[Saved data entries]
■ ■ ■

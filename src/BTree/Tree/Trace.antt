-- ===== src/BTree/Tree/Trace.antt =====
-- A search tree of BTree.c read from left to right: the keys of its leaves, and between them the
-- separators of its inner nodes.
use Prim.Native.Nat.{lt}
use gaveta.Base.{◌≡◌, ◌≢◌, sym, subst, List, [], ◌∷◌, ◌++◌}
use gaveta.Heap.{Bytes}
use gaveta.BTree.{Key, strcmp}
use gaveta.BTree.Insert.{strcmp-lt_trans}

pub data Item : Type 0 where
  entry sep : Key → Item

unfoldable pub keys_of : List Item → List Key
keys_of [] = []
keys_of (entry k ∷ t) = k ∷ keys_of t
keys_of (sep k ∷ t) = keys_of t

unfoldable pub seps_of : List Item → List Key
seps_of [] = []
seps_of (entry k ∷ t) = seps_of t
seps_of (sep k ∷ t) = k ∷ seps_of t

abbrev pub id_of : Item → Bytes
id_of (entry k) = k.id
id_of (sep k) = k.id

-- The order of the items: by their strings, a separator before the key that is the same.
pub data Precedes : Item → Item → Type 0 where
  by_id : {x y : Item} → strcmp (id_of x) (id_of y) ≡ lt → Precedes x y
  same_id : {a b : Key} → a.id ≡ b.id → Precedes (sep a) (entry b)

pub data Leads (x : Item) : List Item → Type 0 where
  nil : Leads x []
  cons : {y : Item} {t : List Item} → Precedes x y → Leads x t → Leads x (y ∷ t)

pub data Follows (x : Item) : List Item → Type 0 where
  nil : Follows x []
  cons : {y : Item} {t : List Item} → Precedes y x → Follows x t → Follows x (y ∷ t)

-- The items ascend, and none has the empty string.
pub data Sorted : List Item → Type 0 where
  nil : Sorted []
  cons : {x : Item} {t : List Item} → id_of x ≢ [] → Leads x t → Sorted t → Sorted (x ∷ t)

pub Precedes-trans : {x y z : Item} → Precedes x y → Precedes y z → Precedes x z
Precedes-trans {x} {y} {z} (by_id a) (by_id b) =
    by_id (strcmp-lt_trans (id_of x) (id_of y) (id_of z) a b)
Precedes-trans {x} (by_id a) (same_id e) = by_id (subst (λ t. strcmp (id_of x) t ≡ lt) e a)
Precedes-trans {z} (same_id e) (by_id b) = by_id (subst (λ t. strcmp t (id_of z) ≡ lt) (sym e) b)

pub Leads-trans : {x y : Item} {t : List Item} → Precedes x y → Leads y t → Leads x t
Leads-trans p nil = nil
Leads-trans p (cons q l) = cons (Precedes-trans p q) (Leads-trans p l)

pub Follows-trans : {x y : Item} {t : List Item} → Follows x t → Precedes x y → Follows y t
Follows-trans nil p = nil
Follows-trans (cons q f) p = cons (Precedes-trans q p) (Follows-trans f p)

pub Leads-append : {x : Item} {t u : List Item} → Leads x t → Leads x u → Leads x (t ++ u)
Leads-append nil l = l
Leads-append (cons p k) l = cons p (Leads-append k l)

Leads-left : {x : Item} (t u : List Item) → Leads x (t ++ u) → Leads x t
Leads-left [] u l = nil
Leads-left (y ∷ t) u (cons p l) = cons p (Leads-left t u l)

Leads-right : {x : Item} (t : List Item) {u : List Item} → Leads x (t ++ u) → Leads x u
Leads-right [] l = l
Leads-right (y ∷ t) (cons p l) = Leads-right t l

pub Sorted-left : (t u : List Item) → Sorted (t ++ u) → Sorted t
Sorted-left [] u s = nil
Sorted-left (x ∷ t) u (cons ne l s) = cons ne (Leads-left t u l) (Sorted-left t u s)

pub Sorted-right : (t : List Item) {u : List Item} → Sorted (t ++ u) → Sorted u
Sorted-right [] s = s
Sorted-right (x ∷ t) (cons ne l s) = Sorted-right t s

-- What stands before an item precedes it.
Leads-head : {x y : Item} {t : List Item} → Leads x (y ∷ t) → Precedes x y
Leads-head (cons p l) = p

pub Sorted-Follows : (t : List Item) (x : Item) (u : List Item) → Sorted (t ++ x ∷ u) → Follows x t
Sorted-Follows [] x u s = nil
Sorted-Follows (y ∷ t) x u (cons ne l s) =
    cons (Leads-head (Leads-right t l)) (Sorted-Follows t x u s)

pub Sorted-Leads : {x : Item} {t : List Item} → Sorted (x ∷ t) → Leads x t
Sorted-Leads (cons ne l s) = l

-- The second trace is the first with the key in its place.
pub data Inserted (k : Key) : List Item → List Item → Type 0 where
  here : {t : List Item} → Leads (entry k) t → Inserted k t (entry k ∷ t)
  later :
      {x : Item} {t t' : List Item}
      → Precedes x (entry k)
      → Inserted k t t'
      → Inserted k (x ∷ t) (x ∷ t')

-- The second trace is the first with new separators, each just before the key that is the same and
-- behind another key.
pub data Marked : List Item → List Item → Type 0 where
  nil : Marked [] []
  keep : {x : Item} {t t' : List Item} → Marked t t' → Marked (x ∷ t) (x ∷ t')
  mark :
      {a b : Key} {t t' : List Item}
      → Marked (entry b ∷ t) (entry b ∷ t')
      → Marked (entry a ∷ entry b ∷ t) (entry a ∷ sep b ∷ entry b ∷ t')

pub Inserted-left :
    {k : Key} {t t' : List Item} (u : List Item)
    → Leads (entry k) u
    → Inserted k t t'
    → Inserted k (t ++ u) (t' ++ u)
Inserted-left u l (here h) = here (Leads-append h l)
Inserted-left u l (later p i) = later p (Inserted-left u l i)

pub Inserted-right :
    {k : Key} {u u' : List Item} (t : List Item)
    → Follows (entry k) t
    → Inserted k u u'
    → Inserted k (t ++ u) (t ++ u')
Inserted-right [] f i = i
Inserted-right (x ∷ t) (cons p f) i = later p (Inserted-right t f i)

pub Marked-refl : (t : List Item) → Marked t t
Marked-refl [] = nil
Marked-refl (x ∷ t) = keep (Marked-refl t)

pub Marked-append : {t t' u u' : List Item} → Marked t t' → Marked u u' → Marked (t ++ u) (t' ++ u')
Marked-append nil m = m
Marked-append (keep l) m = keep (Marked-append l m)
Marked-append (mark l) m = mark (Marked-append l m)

■ ■ ■

● **WORK TO BE COMPLETED**:
Would you copy every line of the entries in which "first" appears?

● **RESULT OF THIS EXERCISE**:
-- The second trace is the first with the key in its place.
-- The second trace is the first with new separators, each just before the key that is the same and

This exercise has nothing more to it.